A vanishing theorem for characteristic classes of odd-dimensional manifold bundles

We show how the Atiyah-Singer family index theorem for both, usual and self-adjoint elliptic operators fits naturally into the framework of the Madsen-Tillmann-Weiss spectra. Our main theorem concerns bundles of odd-dimensional manifolds. Using completely functional-analytic methods, we show that for any smooth proper oriented fibre bundle $E \to X$ with odd-dimensional fibres, the family index $\ind (B) \in K^1 (X)$ of the odd signature operator is trivial.

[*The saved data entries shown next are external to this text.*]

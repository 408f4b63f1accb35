-- ===== src/Parser/Feed/Fields.antt =====
-- webcc/parser.cc and message.cc: the header fields that `Message::Prepare` writes are read.
use mathlib.Core.Path.{subst}
use devops_workshop.Boost.{iequals_left}
use devops_workshop.Numbers.{stoul-to_string}
use devops_workshop.Http.Globals.{split2}
use devops_workshop.Http.Content.{ContentType, content_type}
use devops_workshop.Http.Headers.{Header, Headers}
use devops_workshop.Parser.State.{
  with_message, Parser, start, Env, Outcome, ok, reject, throws, spent, ◌>>=◌,
}
use devops_workshop.Parser.HeaderLines.{
  take_header, take_field, parse_header_line, take_line, round, headers_loop,
}
use devops_workshop.Parser.HeaderLines.Written.{field_line}
use devops_workshop.Prelude.{
  ℕ, zero, suc, ◌<◌, ◌≡◌, ◌≢◌, inl, inr, refl, sym, ap, ◌∙◌, Bool, true, false, not, ◌||◌, none,
  some, [], ◌∷◌, ◌++◌, append_assoc, append-nil, arith, length, if◌then◌else◌, All, All-append,
  Bool-cases,
}
use devops_workshop.Bytes.{Text, Lacks, codes, equal, next_line, next_line_lem, cut_lem}
use devops_workshop.Parser.Feed.Expected.{written, Seen, seen, IsField, announces, declared}

abbrev length_name : Text
length_name = codes "Content-Length"

abbrev type_name : Text
type_name = codes "Content-Type"

-- what the start line gave, and the content type so far
abbrev pub Looks : Type 0
Looks = Seen × ContentType

or_shift : (x y z : Bool) → y || (x || z) ≡ (x || y) || z
or_shift true true z = refl
or_shift true false z = refl
or_shift false y z = refl

-- no part of a form is read yet
abbrev pub HasNoParts : Parser → Type 0
HasNoParts p = (p.step ≡ start) × (p.part ≡ none) × (p.request.form_parts ≡ [])

module _ (env : Env) (n : ℕ) where
  open env.boost use {iequals}

  -- what the parser has read, but for the end of the headers
  abbrev pub Read : Looks → Parser → Type 0
  Read s p =
      (p.chunked ≡ false)
      × (p.content ≡ [])
      × (p.request.message.content ≡ [])
      × (seen p ≡ s.0)
      × ((p.request.message.content_type ≡ s.1) × HasNoParts p)
      × (p.content_length_parsed ≡ true → p.content_length ≡ n)

  abbrev pub At : Looks → Parser → Type 0
  At s p = (p.start_line_parsed ≡ true) × Read s p

  -- A line is accepted; `b` is whether the length is known.
  abbrev Accepts : Looks → Text → Bool → Outcome → Type 0
  Accepts s rest b (ok q) = At s q × (q.pending ≡ rest) × (q.content_length_parsed ≡ b)
  Accepts s rest b _ = ⊥

  -- The headers are read up to their end, and the content waits.
  abbrev pub Ended : Looks → Text → Bool → Outcome → Type 0
  Ended s rest b (ok q) =
      (q.header_ended ≡ true) × Read s q × (q.pending ≡ rest) × (q.content_length_parsed ≡ b)
  Ended s rest b _ = ⊥

  Accepts-if :
      (s : Looks) (rest : Text) (c b : Bool) (o u : Outcome)
      → (b ≡ true → Accepts s rest c o)
      → (b ≡ false → Accepts s rest c u)
      → Accepts s rest c (if b then o else u)
  Accepts-if s rest c true o u f g = f refl
  Accepts-if s rest c false o u f g = g refl

  bind-Ended :
      (s t : Looks) (rest later : Text) (b c : Bool) (o : Outcome) (loop : Parser → Outcome)
      → Accepts s rest b o
      → ((q : Parser)
          → At s q
          → q.pending ≡ rest
          → q.content_length_parsed ≡ b
          → Ended t later c (loop q))
      → Ended t later c (o >>= loop)
  bind-Ended s t rest later b c (ok q) loop (a, p, l) f = f q a p l
  bind-Ended s t rest later b c (reject q) loop a f = absurd a
  bind-Ended s t rest later b c throws loop a f = absurd a
  bind-Ended s t rest later b c spent loop a f = absurd a

  split2-trimmed :
      (f : Header)
      → IsField env.boost n f
      → split2 env.boost (field_line f.0 f.1) b':' ≡ some (f.0, f.1)
  unfolding split2
  split2-trimmed (name, value) w =
      rw (cut_lem b':' name (b' ' ∷ value) w.name_colon)
        (λ i. some (w.name_trimmed i, (env.boost.trim_space b' ' value refl ∙ w.value_trimmed) i))

  length_no_type : (name : Text) → iequals name length_name ≡ true → iequals name type_name ≡ false
  unfolding equal
  length_no_type name e =
      iequals_left env.boost name length_name type_name e
      ∙ env.boost.iequals_fold length_name type_name

  -- what a field makes of the content type
  abbrev pub next_type : Looks → Header → Looks
  next_type s f = (s.0, if iequals f.0 type_name then content_type env.boost f.1 else s.1)

  take_header-Accepts :
      (s : Looks) (f : Header) (p : Parser)
      → env.can_reserve n ≡ true
      → IsField env.boost n f
      → At s p
      → Accepts
          (next_type s f)
          p.pending
          (iequals f.0 (codes "Content-Length") || p.content_length_parsed)
          (take_header env f.0 f.1 p)
  take_header-Accepts s (name, value) p m w h = elim (Bool-cases (iequals name length_name)) [
    | inl e ↦
        rw (e, length_no_type name e)
          (rw (w.length_is e)
            (rw (stoul-to_string n (omega (arith, env.reserve_limit n m))) (rw m (kept_length h))))
    | inr e ↦ rw e (elim (Bool-cases (iequals name type_name)) [
      | inl t ↦ rw t (rw (w.type_is t) (typed h, refl, refl))
      | inr t ↦ rw t (
          Accepts-if s p.pending p.content_length_parsed (iequals name (codes "Transfer-Encoding"))
            _ _ (λ t. (unchunked t, refl, refl)) (λ _. (h, refl, refl)))
    ])
  ]
    where
      kept_length :
          At s p
          → At s (record p { content_length_parsed = true; content_length = n })
            × (p.pending ≡ p.pending)
            × (true ≡ true)
      kept_length (a, (b, c, d, e, g, f)) = ((a, (b, c, d, e, g, λ _. refl)), refl, refl)

      typed :
          At s p
          → At
              (s.0, content_type env.boost value)
              (with_message (λ m. record m { content_type = content_type env.boost value }) p)
      typed (a, (b, c, d, e, g, f)) = (a, (b, c, d, e, (refl, g.1), f))

      unchunked :
          iequals name (codes "Transfer-Encoding") ≡ true
          → At s (record p { chunked = p.chunked || equal value (codes "chunked") })
      unchunked t =
          let (a, (b, c, d, e, g, f)) = h in (a, (rw (b, w.coding_is t) refl, c, d, e, g, f))

  take_line-Accepts :
      (s : Looks) (f : Header) (p : Parser)
      → env.can_reserve n ≡ true
      → IsField env.boost n f
      → At s p
      → Accepts
          (next_type s f)
          p.pending
          (iequals f.0 (codes "Content-Length") || p.content_length_parsed)
          (take_line env (field_line f.0 f.1) p)
  unfolding take_line parse_header_line
  take_line-Accepts s f p m w h =
      Accepts-if (next_type s f) p.pending _ (not p.start_line_parsed) _ _ (λ e. cc (h.0, e))
        (λ _.
          subst
            (λ o.
              Accepts (next_type s f) p.pending
                (iequals f.0 (codes "Content-Length") || p.content_length_parsed)
                (take_field env o p))
            (sym (split2-trimmed f w)) (take_header-Accepts s f p m w h))

  pub round_line :
      (loop : Parser → Outcome) (line rest : Text) (p : Parser)
      → line ≢ []
      → round env loop (some (line, rest)) p
        ≡ (take_line env line (record p { pending = rest }) >>= loop)
  round_line loop [] rest p e = absurd (e refl)
  round_line loop (c ∷ line) rest p e = refl

  field_ne : (f : Header) → field_line f.0 f.1 ≢ []
  field_ne ([], value) = λ e. cc
  field_ne (c ∷ name, value) = λ e. cc

  field-Lacks : (f : Header) → IsField env.boost n f → Lacks 13 (field_line f.0 f.1)
  field-Lacks (name, value) w =
      All-append (λ x. x ≢ 13) name (codes ": " ++ value) w.name_line
        ((λ x. cc), ((λ x. cc), w.value_line))

  written_field :
      (f : Header) (hs : Headers) (content : Text)
      → written (f ∷ hs) content ≡ field_line f.0 f.1 ++ 13 ∷ 10 ∷ written hs content
  written_field (name, value) hs content =
      sym (append_assoc name (codes ": " ++ value) (13 ∷ 10 ∷ written hs content))

  written_end : (content : Text) → written [] content ≡ 13 ∷ 10 ∷ content
  written_end [] = refl
  written_end (c ∷ s) = ap (λ t. 13 ∷ 10 ∷ t) (append-nil (c ∷ s))

  -- The loop reads the fields, if it has fuel for each of them and for the empty line.
  pub headers_loop-Ended :
      (s : Looks) (content : Text) (hs : Headers) (fuel : ℕ) (p : Parser)
      → length hs < fuel
      → env.can_reserve n ≡ true
      → All (IsField env.boost n) hs
      → At s p
      → p.pending ≡ written hs content
      → Ended
          (s.0, declared env.boost s.1 hs)
          content
          (announces env.boost hs || p.content_length_parsed)
          (headers_loop env fuel p)
  unfolding headers_loop
  headers_loop-Ended s content hs zero p l m w h e = absurd (omega arith)
  headers_loop-Ended s content [] (suc fuel) p l m w h e =
      subst (λ o. Ended s content p.content_length_parsed (round env (headers_loop env fuel) o p))
        (sym (ap next_line (e ∙ written_end content) ∙ next_line_lem [] content tt))
        (refl, h.1, refl, refl)
  headers_loop-Ended s content (f ∷ hs) (suc fuel) p l m w h e =
      let line = field_line f.0 f.1 in
      let rest = written hs content in
      let end : Looks = (s.0, declared env.boost s.1 (f ∷ hs)) in
      let loop = headers_loop env fuel in
      let known = announces env.boost (f ∷ hs) || p.content_length_parsed in
      subst (λ o. Ended end content known (round env loop o p))
        (sym (
          ap next_line (e ∙ written_field f hs content)
          ∙ next_line_lem line rest (field-Lacks f w.0)))
        (subst (Ended end content known) (sym (round_line loop line rest p (field_ne f))) (
          bind-Ended (next_type s f) end rest content _ known
            (take_line env line (record p { pending = rest })) loop
            (take_line-Accepts s f (record p { pending = rest }) m w.0 h)
            (λ q a r k.
              subst (λ b. Ended end content b (loop q))
                (ap (λ b. announces env.boost hs || b) k
                  ∙ or_shift (iequals f.0 length_name) (announces env.boost hs)
                      p.content_length_parsed)
                (headers_loop-Ended (next_type s f) content hs fuel q (omega arith) m w.1 a r))))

The Atiyah-Singer theorem allows us to draw a topological conclusion: the generalized Madsen-Tillmann-Weiss map $\alpha: B \Diff^+ (M^{2m-1}) \to \loopinf \MTSO(2m-1)$ kills the Hirzebruch $\cL$-class in rational cohomology. If $m=2$, this means that $\alpha$ induces the zero map in rational cohomology. In particular, the three-dimensional analogue of the Madsen-Weiss theorem is wrong. For 3-manifolds $M$, we also prove the triviality of $\alpha: B \Diff^+ (M) \to \MTSO (3)$ in mod $p$ cohomology in many cases. We show an appropriate version of these results for manifold bundles with boundary.